• _Exercise prompt_
Give back exactly the lines of the material below that start at the line containing "request (after_marker mono stage)" and end at the line containing "marker-Still mono stage = (refl, refl, λ", and no others.

• _Recorded information_
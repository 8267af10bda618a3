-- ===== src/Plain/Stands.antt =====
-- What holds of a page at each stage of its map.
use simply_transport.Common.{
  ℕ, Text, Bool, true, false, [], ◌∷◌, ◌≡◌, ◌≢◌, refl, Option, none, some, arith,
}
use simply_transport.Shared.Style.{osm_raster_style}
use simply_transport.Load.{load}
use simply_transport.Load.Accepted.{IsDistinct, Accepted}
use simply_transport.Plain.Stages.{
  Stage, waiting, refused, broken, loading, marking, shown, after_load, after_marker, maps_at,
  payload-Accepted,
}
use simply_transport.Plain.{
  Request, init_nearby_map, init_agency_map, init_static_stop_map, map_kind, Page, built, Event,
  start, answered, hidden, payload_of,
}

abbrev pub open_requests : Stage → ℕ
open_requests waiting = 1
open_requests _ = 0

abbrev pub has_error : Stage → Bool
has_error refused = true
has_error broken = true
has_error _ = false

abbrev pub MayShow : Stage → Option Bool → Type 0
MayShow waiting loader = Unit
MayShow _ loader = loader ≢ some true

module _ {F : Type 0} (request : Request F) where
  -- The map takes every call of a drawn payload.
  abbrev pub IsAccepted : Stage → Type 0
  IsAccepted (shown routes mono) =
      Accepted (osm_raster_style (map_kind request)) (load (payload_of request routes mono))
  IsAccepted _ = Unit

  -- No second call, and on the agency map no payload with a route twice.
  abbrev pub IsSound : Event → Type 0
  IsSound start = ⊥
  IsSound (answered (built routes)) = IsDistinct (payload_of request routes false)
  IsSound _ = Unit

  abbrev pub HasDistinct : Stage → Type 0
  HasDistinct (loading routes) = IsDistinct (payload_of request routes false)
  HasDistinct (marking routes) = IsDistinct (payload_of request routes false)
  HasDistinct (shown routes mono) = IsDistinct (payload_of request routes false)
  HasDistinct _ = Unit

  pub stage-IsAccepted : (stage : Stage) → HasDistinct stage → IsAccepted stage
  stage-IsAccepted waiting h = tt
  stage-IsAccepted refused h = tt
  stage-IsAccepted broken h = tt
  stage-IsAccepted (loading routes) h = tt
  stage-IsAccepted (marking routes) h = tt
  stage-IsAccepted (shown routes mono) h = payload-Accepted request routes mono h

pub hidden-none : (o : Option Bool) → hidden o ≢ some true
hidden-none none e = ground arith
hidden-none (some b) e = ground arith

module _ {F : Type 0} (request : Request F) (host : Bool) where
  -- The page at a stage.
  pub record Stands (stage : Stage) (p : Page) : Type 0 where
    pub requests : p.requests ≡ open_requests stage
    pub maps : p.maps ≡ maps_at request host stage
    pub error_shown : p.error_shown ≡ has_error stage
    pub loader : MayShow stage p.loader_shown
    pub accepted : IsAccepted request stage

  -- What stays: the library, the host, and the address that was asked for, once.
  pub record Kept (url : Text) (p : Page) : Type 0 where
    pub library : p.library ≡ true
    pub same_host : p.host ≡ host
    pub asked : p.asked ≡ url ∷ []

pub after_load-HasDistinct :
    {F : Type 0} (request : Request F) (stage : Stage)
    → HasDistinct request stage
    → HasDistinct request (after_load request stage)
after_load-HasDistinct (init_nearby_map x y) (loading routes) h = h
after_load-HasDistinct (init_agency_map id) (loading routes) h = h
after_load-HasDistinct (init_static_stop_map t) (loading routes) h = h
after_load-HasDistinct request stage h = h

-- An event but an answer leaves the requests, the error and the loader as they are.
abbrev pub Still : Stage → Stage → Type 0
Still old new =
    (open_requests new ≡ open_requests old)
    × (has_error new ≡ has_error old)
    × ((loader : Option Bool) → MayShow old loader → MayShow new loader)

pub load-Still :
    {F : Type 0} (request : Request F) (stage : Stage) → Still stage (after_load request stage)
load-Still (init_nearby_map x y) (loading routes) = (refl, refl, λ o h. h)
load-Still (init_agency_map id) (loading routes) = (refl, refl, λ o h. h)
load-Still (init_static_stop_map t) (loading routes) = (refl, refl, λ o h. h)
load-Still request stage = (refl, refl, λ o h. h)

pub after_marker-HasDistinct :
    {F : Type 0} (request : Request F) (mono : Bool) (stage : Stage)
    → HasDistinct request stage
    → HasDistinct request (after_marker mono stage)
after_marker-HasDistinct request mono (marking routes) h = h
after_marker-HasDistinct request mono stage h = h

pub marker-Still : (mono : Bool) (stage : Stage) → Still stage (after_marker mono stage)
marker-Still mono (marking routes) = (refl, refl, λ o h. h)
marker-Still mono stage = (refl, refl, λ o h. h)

...

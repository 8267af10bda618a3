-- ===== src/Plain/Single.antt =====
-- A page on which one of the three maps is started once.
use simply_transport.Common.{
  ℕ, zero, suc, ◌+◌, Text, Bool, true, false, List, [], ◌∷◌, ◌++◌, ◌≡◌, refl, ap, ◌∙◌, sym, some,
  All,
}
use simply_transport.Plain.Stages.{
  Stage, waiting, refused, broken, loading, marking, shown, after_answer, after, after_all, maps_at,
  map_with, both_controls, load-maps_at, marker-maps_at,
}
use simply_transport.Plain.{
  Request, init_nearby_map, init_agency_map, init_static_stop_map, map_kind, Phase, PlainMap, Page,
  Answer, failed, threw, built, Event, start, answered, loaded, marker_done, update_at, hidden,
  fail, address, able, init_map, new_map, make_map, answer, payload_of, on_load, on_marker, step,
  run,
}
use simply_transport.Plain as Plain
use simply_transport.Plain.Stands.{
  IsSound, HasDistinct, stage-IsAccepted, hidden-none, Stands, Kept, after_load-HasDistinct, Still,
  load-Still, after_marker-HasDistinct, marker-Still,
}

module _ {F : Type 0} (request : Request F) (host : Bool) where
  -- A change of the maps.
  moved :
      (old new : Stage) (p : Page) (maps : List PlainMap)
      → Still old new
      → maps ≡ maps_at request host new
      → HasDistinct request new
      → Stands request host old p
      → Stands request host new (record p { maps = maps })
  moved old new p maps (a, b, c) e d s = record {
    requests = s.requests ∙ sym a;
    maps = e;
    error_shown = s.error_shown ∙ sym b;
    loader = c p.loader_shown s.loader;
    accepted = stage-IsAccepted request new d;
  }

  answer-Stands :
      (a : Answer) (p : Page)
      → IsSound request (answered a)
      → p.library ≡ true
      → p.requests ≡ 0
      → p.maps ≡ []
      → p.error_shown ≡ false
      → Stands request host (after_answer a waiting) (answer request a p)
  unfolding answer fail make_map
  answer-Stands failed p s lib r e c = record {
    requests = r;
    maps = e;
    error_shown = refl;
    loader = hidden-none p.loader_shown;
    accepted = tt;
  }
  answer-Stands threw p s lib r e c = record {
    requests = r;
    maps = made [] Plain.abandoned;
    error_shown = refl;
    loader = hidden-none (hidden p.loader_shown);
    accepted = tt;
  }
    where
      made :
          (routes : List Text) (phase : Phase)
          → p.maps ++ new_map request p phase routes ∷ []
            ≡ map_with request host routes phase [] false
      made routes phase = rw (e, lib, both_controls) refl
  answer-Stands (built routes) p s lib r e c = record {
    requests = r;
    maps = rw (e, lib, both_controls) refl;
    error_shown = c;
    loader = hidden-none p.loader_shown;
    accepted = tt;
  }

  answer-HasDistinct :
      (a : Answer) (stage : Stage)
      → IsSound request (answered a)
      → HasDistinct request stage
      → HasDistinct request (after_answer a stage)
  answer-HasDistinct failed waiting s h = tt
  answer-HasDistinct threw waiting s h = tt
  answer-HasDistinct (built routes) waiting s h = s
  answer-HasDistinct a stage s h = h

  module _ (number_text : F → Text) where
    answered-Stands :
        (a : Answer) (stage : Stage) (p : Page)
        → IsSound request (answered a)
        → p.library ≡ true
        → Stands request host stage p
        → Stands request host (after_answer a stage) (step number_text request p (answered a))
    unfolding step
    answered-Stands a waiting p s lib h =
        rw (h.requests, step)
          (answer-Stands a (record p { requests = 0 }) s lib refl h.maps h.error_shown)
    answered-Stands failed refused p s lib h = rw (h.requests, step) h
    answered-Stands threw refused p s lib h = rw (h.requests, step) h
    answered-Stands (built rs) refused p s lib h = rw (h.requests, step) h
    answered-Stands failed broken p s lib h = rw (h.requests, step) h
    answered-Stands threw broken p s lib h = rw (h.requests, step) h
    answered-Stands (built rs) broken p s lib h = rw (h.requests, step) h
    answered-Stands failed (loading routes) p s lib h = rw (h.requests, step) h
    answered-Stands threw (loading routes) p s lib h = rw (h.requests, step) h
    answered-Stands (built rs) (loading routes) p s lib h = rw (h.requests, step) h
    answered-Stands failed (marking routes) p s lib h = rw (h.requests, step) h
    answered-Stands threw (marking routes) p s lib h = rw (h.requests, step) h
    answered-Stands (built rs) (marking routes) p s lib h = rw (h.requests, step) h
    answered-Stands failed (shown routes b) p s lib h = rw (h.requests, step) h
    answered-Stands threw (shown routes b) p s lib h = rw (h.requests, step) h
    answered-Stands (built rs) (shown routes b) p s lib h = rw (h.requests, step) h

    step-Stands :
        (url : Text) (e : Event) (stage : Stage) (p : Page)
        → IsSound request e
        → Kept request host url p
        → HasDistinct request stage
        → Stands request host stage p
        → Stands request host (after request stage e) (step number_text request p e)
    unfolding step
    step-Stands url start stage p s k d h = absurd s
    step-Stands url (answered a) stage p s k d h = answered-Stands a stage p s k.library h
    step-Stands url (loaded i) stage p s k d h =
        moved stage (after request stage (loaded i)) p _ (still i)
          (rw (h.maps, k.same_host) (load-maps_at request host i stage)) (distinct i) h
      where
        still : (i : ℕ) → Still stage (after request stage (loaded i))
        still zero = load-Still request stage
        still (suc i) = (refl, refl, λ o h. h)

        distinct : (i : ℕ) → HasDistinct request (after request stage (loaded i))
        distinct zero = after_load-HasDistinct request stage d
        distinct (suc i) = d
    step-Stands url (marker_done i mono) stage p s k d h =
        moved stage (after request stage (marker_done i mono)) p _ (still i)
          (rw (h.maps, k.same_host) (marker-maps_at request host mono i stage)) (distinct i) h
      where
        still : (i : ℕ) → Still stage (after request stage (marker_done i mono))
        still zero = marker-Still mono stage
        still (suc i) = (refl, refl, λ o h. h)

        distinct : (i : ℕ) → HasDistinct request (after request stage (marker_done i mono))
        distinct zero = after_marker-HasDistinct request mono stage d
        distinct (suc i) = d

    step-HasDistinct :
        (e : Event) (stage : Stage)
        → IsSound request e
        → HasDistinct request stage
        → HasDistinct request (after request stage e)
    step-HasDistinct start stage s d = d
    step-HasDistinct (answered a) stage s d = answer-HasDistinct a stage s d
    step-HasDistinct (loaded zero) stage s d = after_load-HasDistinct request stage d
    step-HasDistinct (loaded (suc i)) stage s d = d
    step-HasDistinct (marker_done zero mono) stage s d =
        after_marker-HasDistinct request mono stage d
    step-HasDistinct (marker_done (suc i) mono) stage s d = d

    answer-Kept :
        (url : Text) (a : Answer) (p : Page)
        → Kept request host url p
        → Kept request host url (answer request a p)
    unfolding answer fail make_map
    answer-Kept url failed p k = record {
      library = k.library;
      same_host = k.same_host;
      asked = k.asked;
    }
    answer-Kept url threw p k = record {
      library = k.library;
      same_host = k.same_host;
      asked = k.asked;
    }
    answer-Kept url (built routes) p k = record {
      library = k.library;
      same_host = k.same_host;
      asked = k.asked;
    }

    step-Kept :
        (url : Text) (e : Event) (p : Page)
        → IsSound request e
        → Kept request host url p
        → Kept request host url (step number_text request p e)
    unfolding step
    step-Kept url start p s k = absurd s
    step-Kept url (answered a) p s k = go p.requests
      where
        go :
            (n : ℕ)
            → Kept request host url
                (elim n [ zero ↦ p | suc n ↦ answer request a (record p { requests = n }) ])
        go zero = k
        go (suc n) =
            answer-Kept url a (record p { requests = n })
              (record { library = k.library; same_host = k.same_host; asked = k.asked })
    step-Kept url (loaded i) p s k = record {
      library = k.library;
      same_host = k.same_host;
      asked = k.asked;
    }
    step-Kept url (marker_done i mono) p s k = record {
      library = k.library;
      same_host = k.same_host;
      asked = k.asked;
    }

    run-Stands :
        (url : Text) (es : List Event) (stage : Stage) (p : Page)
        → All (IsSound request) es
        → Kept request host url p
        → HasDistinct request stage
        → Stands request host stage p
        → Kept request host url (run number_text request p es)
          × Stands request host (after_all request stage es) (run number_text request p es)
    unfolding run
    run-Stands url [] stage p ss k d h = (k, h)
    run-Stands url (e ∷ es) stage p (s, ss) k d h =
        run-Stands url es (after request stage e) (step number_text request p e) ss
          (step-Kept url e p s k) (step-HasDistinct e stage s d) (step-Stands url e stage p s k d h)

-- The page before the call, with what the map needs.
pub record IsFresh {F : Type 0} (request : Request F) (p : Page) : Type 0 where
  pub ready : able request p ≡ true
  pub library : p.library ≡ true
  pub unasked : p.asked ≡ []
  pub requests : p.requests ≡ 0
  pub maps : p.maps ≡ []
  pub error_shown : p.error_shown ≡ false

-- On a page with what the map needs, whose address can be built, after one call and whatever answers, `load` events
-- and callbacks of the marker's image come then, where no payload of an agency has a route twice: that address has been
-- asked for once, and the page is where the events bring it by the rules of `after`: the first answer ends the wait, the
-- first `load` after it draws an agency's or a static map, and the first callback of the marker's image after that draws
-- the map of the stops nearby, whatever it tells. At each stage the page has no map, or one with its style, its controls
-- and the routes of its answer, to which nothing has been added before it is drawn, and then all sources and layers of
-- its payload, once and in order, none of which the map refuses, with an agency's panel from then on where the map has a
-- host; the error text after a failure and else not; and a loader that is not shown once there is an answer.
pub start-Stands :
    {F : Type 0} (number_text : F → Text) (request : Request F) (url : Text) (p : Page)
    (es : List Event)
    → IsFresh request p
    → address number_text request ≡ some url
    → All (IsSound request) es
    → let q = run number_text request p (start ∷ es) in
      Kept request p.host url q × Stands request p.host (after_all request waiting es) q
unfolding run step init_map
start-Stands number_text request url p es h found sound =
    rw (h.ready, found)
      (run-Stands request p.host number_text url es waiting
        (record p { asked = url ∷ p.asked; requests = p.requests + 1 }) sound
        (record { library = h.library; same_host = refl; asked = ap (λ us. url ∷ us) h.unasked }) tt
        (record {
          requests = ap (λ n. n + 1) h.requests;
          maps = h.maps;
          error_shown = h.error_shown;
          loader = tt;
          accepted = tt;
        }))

• _Written response_
    → HasDistinct request (after_marker mono stage)
after_marker-HasDistinct request mono (marking routes) h = h
after_marker-HasDistinct request mono stage h = h

pub marker-Still : (mono : Bool) (stage : Stage) → Still stage (after_marker mono stage)
marker-Still mono (marking routes) = (refl, refl, λ o h. h)
marker-Still mono stage = (refl, refl, λ o h. h)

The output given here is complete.